Not every conspiracy theory has a bad guy. No one knows the name of the founding kooks who got the rumor started that the moon landings were faked or President Obama was born on a distant planet. But when it comes to the know-nothing tales that vaccines are dangerous, there’s one big bad guy—Andrew Wakefield, the U.K. doctor who in 1998 published a fraudulent study in The Lancet alleging that the MMR vaccine causes autism. The reaction from frightened parents was predictable, and vaccination rates began to fall, even as scientific authorities insisted that Wakefield was just plain wrong. In 2010, the Lancet retracted the study and Wakefield was stripped of his privilege to practice medicine in the U.K. But the damage was done and the rumors go on—and Wakefield, alas, remains unapologetic.

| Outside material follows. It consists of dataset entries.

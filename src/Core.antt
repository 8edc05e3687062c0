-- ===== src/Core.antt =====
-- The core service (services/core): its tables, its Redis keys, its brokers, and the handlers
-- of the lab sessions, of the outbox and of the progress of the users.
pub mod Rows
pub mod State
pub mod Delivered
pub mod Probe
pub mod Start
pub mod Sessions
pub mod Poller
pub mod Trial
pub mod Reaper
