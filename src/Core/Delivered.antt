-- ===== src/Core/Delivered.antt =====
-- The promise of the outbox (the comments of challenge.routes.ts and of outbox-poller.ts): an event
-- of a session that is marked as processed has been sent to both brokers.
use devops_lab.Prelude.{
  ◌≡◌, refl, Bool, true, ◌&&◌, ◌||◌, not, List, [], ◌∷◌, ◌++◌, String, arith, any, All,
  update_where, inl, inr, Bool-cases, nat_eq, string_eq, any-append, ℕ, All-append, subst,
  append-nil,
}
use devops_lab.Services.{Prisma, Redis}
use devops_lab.Core.Rows.{OutboxEvent, Message, Queue, Key, same_message, is_session_type, has}
use devops_lab.Core.State.{Core, Delivery, outbox_row, undelivered, mark_processed, publish_inline}

abbrev pub sent : List Message → List (Queue × Message) → Message → Bool
sent kafka rabbit m = has m kafka && any (λ (e : Queue × Message). same_message m e.1) rabbit

-- Marked as processed, and of a type of a session, implies sent.
abbrev pub is_delivered : List Message → List (Queue × Message) → OutboxEvent → Bool
is_delivered kafka rabbit e =
    not e.processed || (not (is_session_type e.event_type) || sent kafka rabbit e.payload)

abbrev pub AllDelivered : List Message → List (Queue × Message) → List OutboxEvent → Type 0
AllDelivered kafka rabbit = All (λ e. is_delivered kafka rabbit e ≡ true)

module _ (k k' : List Message) (r r' : List (Queue × Message)) where
  sent-append : (m : Message) → sent k r m ≡ true → sent (k ++ k') (r ++ r') m ≡ true
  sent-append m h = ground (
    arith,
    any-append (same_message m) k k',
    any-append (λ (e : Queue × Message). same_message m e.1) r r',
  )

  pub AllDelivered-append :
      (es : List OutboxEvent) → AllDelivered k r es → AllDelivered (k ++ k') (r ++ r') es
  AllDelivered-append [] h = tt
  AllDelivered-append (e ∷ es) h =
      (ground (arith, sent-append e.payload), AllDelivered-append es h.1)

module _ (k : List Message) (r : List (Queue × Message)) (q : Queue) (m : Message) where
  pub sent-publish :
      (e : Message) → same_message e m ≡ true → sent (k ++ m ∷ []) (r ++ (q, m) ∷ []) e ≡ true
  sent-publish e h = ground (
    arith,
    any-append (same_message e) k (m ∷ []),
    any-append (λ (x : Queue × Message). same_message e x.1) r ((q, m) ∷ []),
  )

  -- Marking the events with the payload that has just gone to both brokers keeps the promise.
  pub AllDelivered-mark :
      (type : String) (es : List OutboxEvent)
      → AllDelivered k r es
      → AllDelivered
          (k ++ m ∷ [])
          (r ++ (q, m) ∷ [])
          (update_where (undelivered type m) mark_processed es)
  AllDelivered-mark type [] h = tt
  AllDelivered-mark type (e ∷ es) h = elim (Bool-cases (undelivered type m e)) [
    | inl hit ↦ (rw hit (ground (arith, sent-publish e.payload)), AllDelivered-mark type es h.1)
    | inr miss ↦ (
      rw miss (AllDelivered-append k (m ∷ []) r ((q, m) ∷ []) (e ∷ []) (h.0, tt)).0,
      AllDelivered-mark type es h.1,
    )
  ]

module _ (P : Prisma) (R : Redis Key ℕ) where
  -- Every event of a session that is marked as processed has been sent to Kafka and to RabbitMQ.
  abbrev pub IsDelivered : Core P R → Type 0
  IsDelivered s = AllDelivered s.kafka s.rabbit (P.rows s.outbox)

  pub publish_inline-IsDelivered :
      (d : Delivery) (type : String) (q : Queue) (m : Message) (s : Core P R)
      → IsDelivered s
      → IsDelivered (publish_inline P R d type q m s)
  unfolding publish_inline
  publish_inline-IsDelivered d type q m s h = elim (Bool-cases d.kafka_ok) [
    | inr e ↦ rw e h
    | inl e ↦ elim (Bool-cases d.rabbit_ok) [
      | inr e' ↦
          rw (e, e')
            (subst (λ r. AllDelivered (s.kafka ++ m ∷ []) r (P.rows s.outbox)) (append-nil s.rabbit)
              (AllDelivered-append s.kafka (m ∷ []) s.rabbit [] (P.rows s.outbox) h))
      | inl e' ↦ elim (Bool-cases d.mark_ok) [
        | inr e'' ↦
            rw (e, e', e'')
              (AllDelivered-append s.kafka (m ∷ []) s.rabbit ((q, m) ∷ []) (P.rows s.outbox) h)
        | inl e'' ↦
            rw (e, e', e'', P.rows-update_many)
              (AllDelivered-mark s.kafka s.rabbit q m type (P.rows s.outbox) h)
      ]
    ]
  ]

  pub create-AllDelivered :
      (k : List Message) (r : List (Queue × Message)) (id now : ℕ) (type : String) (m : Message)
      (t : P.Table OutboxEvent)
      → AllDelivered k r (P.rows t)
      → AllDelivered k r (P.rows (P.create (outbox_row id type m now) t))
  unfolding outbox_row
  create-AllDelivered k r id now type m t h =
      rw (P.rows-create (outbox_row id type m now) t)
        (All-append (λ e. is_delivered k r e ≡ true) (P.rows t) _ h (refl, tt))
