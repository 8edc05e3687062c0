-- ===== src/Core/Poller/Backoff.antt =====
-- The circuit breaker of the poller.
use devops_lab.Prelude.{
  ℕ, ◌+◌, ◌≤◌, ◌<◌, ◌≡◌, Bool, List, [], ◌∷◌, arith, inl, inr, Bool-cases, ltb, take,
}
use devops_lab.Services.{Prisma, Redis}
use devops_lab.Core.Rows.{OutboxEvent, Key}
use devops_lab.Core.State.{Core}
use devops_lab.Core.Poller.{
  Breaker, Attempt, trip, deliver_one, deliver_all, poll, is_pending, batch_size,
}

-- The backoff lies between five seconds and a minute.
pub record IsSteady (b : Breaker) : Type 0 where
  pub at_least : 5000 ≤ b.backoff_ms
  pub at_most : b.backoff_ms ≤ 60000

module _ (P : Prisma) (R : Redis Key ℕ) where
  deliver_one-IsSteady :
      (a : Attempt) (e : OutboxEvent) (s : Core P R) (b : Breaker)
      → IsSteady b
      → IsSteady (deliver_one P R a e s b).1
  unfolding deliver_one
  deliver_one-IsSteady a e s b h = ground arith

  deliver_all-IsSteady :
      (a : OutboxEvent → Attempt) (es : List OutboxEvent) (s : Core P R) (b : Breaker)
      → IsSteady b
      → IsSteady (deliver_all P R a es s b).1
  unfolding deliver_all
  deliver_all-IsSteady a [] s b h = h
  deliver_all-IsSteady a (e ∷ es) s b h =
      let r = deliver_one P R (a e) e s b in
      let one = deliver_one-IsSteady (a e) e s b h in
      elim (Bool-cases (deliver_one P R (a e) e s b).2) [
        | inl go ↦ rw go (deliver_all-IsSteady a es r.0 r.1 one)
        | inr stop ↦ rw stop one
      ]

  -- A cycle keeps the backoff between five seconds and a minute. While the circuit is open, a
  -- cycle changes nothing at all.
  poll-IsSteady :
      (a : OutboxEvent → Attempt) (now : ℕ) (ready : Bool) (s : Core P R) (b : Breaker)
      → (IsSteady b → IsSteady (poll P R a now ready s b).1)
        × (now < b.circuit_open_until → poll P R a now ready s b ≡ (s, b))
  unfolding poll
  poll-IsSteady a now ready s b = (
    λ h. elim (Bool-cases (ltb now b.circuit_open_until)) [
      | inl o ↦ rw o h
      | inr c ↦ elim (Bool-cases ready) [
        | inl r ↦
            rw (c, r)
              (deliver_all-IsSteady a (take batch_size (P.find_many is_pending s.outbox)) s b h)
        | inr r ↦ rw (c, r) h
      ]
    ],
    λ h. ground arith,
  )

-- Three failures in a row open the circuit, from any state of the counter, for at least five
-- seconds and at most a minute from the third failure.
three_failures_open :
    (t₁ t₂ t₃ : ℕ) (b : Breaker)
    → IsSteady b
    → let b' = trip t₃ (trip t₂ (trip t₁ b)) in
      (3 ≤ b'.consecutive_failures)
      × (t₃ + 5000 ≤ b'.circuit_open_until)
      × (b'.circuit_open_until ≤ t₃ + 60000)
unfolding trip
three_failures_open t₁ t₂ t₃ b h = ground arith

Jenny McCarthy and Jim Carrey

Jenny McCarthy Jim Carrey Vaccines Autism
Jim Carrey (center) carries Evan McCarthy, son of actress Jenny McCarthy (left) during a march calling for healthier vaccines on June 4, 2008 in Washington.Brendan Hoffman—Getty Images

If you’re looking for solid medical advice, you probably want to avoid getting it from a former Playboy model and talk show host, and a man who, in 1994’s Ace Ventura: Pet Detective, introduced the world to the comic stylings of his talking buttocks. But all the same, Jenny McCarthy and Jim Carrey are best known these days as the anti-vaccine community’s most high-profile scaremongers, doing even the disgraced Andrew Wakefield one better by alleging that vaccines cause a whole range of other ills beyond just autism. None of this is true, all of it is shameful, and unlike Wakefield, who was stripped of his medical privileges, Carry and McCarthy can’t have their megaphones revoked.

Rob Schneider

Rob Schneider Vaccines
Rob Schneider in 2014.Richard Shotwell—Invision/AP

What’s that you say? Need one more expert beyond Jenny McCarthy and Jim Carrey to weigh in on vaccines? How about Rob Schneider, the Saturday Night Live alum and star of the Deuce Bigalow, Male Gigolo films? Schneider has claimed that the effectiveness of vaccines has “not been proven,” that “We’re having more and more autism” as a result of vaccinations, and that mandating vaccines for kids attending public schools is “against the Nuremberg laws.” So, um, that’s all wrong. A vocal opponent of the new California law eliminating the religious and personal belief exemptions that allowed parents to opt out of vaccinating their kids, Schneider called the office of state legislator Lorena Gonzalez and left what Gonzalez described as a “disturbing message” with her staff, threatening to raise money against her in the coming election because of her support of the law. Gonzalez called him back and conceded that he was much more polite in person. Still, she wrote on her Facebook page, “that is 20 mins of my life I’ll never get back arguing that vaccines don’t cause autism with Deuce Bigalow, male gigolo.#vaccinateyourkids.”

Robert F. Kennedy, Jr.

Robert Kennedy, Jr. Vaccines
Robert F. Kennedy, Jr. speaks against a measure requiring California schoolchildren to get vaccinated during a rally at the Capitol in Sacramento, Calif., on April 8, 2015.Rich Pedroncelli—AP

If you’re looking for proof that smarts can skip a generation, look no further that Robert F. Kennedy, Jr., son of the late Bobby Kennedy. RFK Jr. has made something of a cottage industry out of warning people of the imagined dangers of thimerosal in vaccines. An organomercury compound, thimerosal is used as a preservative, and has been removed from all but the flu vaccine—principally because of the entirely untrue rumors that it causes brain damage. But facts haven’t silenced Kennedy who, as a child of the 1950s and ‘60s, surely got all of the vaccines his family doctor recommended. Children of parents who listen to what he has to say now will not be so fortunate.